When I had Boers, and being mostly dairy I had them running with my dairy girls, they kidded in the late winter. They didn't get to go outside for at minimum a month, usually longer due to my outside pen set up. The pigment was always late coming in, but would usually start to darken within a few days of their being, finally, outside. They never got a ton of sun, because their outside pen was surrounded on 3 sides (east, south and north) by trees, but it was enough to get the process started. Good luck to you, I hope he tans!


----------



## HoosierShadow (Apr 20, 2010)

I agree Lottsagoats, for some babies it just really takes time and good weather. This winter has been very wet which has kept ours inside more the last few months than any past winter. 
The buck kid I pictured above I think just turned 7 weeks old, I see some changes to his tail but nothing big, not sure a picture would show it, but hope to get one tomorrow since I wasn't able to today. Some of the babies have really gotten dark over the past week, then changes are really neat IMO - including his triplet sisters.


----------



## toth boer goats (Jul 20, 2008)

I too agree.


----------



## HoosierShadow (Apr 20, 2010)

It's been almost a month, and he's slowly changing, but not as much as I had hoped. Weather still hasn't been great either. I did clip his tail hair this evening (after photo), and we should have some sunny days, so we'll see if it helps. He's a nice young buck regardless of pigment.

So original taken on 3-15









4-10









All those new dark spots are pigment, not dirt.

He's 9 weeks old.


----------



## ArborGoats (Jan 24, 2013)

Not sure it is useful as the pictures weren't taken for pigment.

This doe is 12.5% Boer
3/10/17 (24hrs old) almost no pigment except for tiny dot 








12/17/17 (9 months old) Ignore the red goo, it was addressed at the time...but shows pigment well!)
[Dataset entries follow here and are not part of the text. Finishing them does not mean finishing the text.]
-- ===== src/Dmt/Merkle/Diff/Full.antt =====
-- The merge of two sorted leaf slices is a lookup of every left leaf among the right ones.
use datura.Prelude.{
  ◌≡◌, refl, ap, ap₂, ◌∙◌, true, false, Option, none, some, List, [], ◌∷◌, ◌++◌, arith,
  if◌then◌else◌, All, sym, Ordering,
}
use datura.Prelude.Bytes.{
  Bytes, bytes_equal, bytes_compare, Before, bytes-Compared, below, same, above, bytes_compare_eq,
  bytes_compare_refl,
}
use datura.Dmt.SortedSlice.{IsSorted, find_key}
use datura.Dmt.SortedSlice.Laws.{find_key_above, All-above}
use datura.Dmt.Merkle.Nodes.{MerkleNode, key_of, value_of}
use datura.Dmt.Merkle.Diff.{DiffEntry, entry, full_diff}

-- What a leaf contributes, given the other side's leaf under its key.
abbrev pub difference : MerkleNode → Option MerkleNode → List DiffEntry
difference l none = entry l false ∷ []
difference l (some r) = if bytes_equal (value_of l) (value_of r) then [] else entry l true ∷ []

unfoldable pub diff_by_lookup : List MerkleNode → List MerkleNode → List DiffEntry
diff_by_lookup [] rs = []
diff_by_lookup (l ∷ ls) rs = difference l (find_key key_of (key_of l) rs) ++ diff_by_lookup ls rs

find_key_later :
    (k : Bytes) (r : MerkleNode) (rs : List MerkleNode)
    → Before (key_of r) k
    → find_key key_of k (r ∷ rs) ≡ find_key key_of k rs
unfolding find_key
find_key_later k r rs h = ground arith

skip :
    (r : MerkleNode) (ls rs : List MerkleNode)
    → All (λ l. Before (key_of r) (key_of l)) ls
    → diff_by_lookup ls (r ∷ rs) ≡ diff_by_lookup ls rs
unfolding diff_by_lookup
skip r [] rs h = refl
skip r (l ∷ ls) rs h =
    ap₂ (λ o ds. difference l o ++ ds) (find_key_later (key_of l) r rs h.0) (skip r ls rs h.1)

find_key_nil : (k : Bytes) → find_key key_of k [] ≡ none
unfolding find_key
find_key_nil k = refl

find_key_here :
    (k : Bytes) (r : MerkleNode) (rs : List MerkleNode)
    → bytes_compare k (key_of r) ≡ Ordering.eq
    → find_key key_of k (r ∷ rs) ≡ some r
unfolding find_key
find_key_here k r rs h = ground (arith, bytes_compare_eq k (key_of r) h, bytes_compare_refl k)

step :
    (l : MerkleNode) (ls : List MerkleNode) (r : MerkleNode) (rs : List MerkleNode)
    → bytes_compare (key_of l) (key_of r) ≡ Ordering.gt
    → full_diff (l ∷ ls) (r ∷ rs) ≡ full_diff (l ∷ ls) rs
unfolding full_diff
step l ls r rs e = rw (e, full_diff)

full_diff_above :
    (l : MerkleNode) (ls : List MerkleNode) (r : MerkleNode) (rs : List MerkleNode)
    → bytes_compare (key_of l) (key_of r) ≡ Ordering.gt
    → full_diff (l ∷ ls) rs ≡ diff_by_lookup (l ∷ ls) rs
    → diff_by_lookup (l ∷ ls) (r ∷ rs) ≡ diff_by_lookup (l ∷ ls) rs
    → full_diff (l ∷ ls) (r ∷ rs) ≡ diff_by_lookup (l ∷ ls) (r ∷ rs)
full_diff_above l ls r rs e ih same_tail = step l ls r rs e ∙ ih ∙ sym same_tail

-- On sorted leaf slices `fullDiff` lists, in the order of the left leaves, exactly those that the
-- right side lacks, and, marked modified, those that it holds with another value.
pub full_diff_lem :
    (ls rs : List MerkleNode)
    → IsSorted key_of ls
    → IsSorted key_of rs
    → full_diff ls rs ≡ diff_by_lookup ls rs
unfolding full_diff diff_by_lookup
full_diff_lem [] rs s t = refl
full_diff_lem (l ∷ ls) [] s t =
    rw (find_key_nil (key_of l)) (ap (λ ds. entry l false ∷ ds) (full_diff_lem ls [] s.1 t))
full_diff_lem (l ∷ ls) (r ∷ rs) s t = elim (bytes-Compared (key_of l) (key_of r)) [
  | below e g ↦ ground (
    arith,
    e,
    full_diff_lem ls (r ∷ rs) s.1 t,
    find_key_above key_of (key_of l) (r ∷ rs) (e, All-above key_of (key_of l) (key_of r) rs e t.0),
  )
  | same p e ↦ ground (
    arith,
    e,
    full_diff_lem ls rs s.1 t.1,
    find_key_here (key_of l) r rs e,
    skip r ls rs (rw p at s.0),
  )
  | above e g ↦
      full_diff_above l ls r rs e (full_diff_lem (l ∷ ls) rs s t.1)
        (skip r (l ∷ ls) rs (g, All-above key_of (key_of r) (key_of l) ls g s.0))
]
So this doe while improved is far from where it would need to be


----------



## toth boer goats (Jul 20, 2008)

Yeah, it is slow coming in.


----------



## HoosierShadow (Apr 20, 2010)

Arbor Goats - that looks about right for a true low % boer IMO. I wonder what % they would consider her pigment. I know they have to have 75% whether they are % or FB, which IMO doesn't entirely make sense for % goats.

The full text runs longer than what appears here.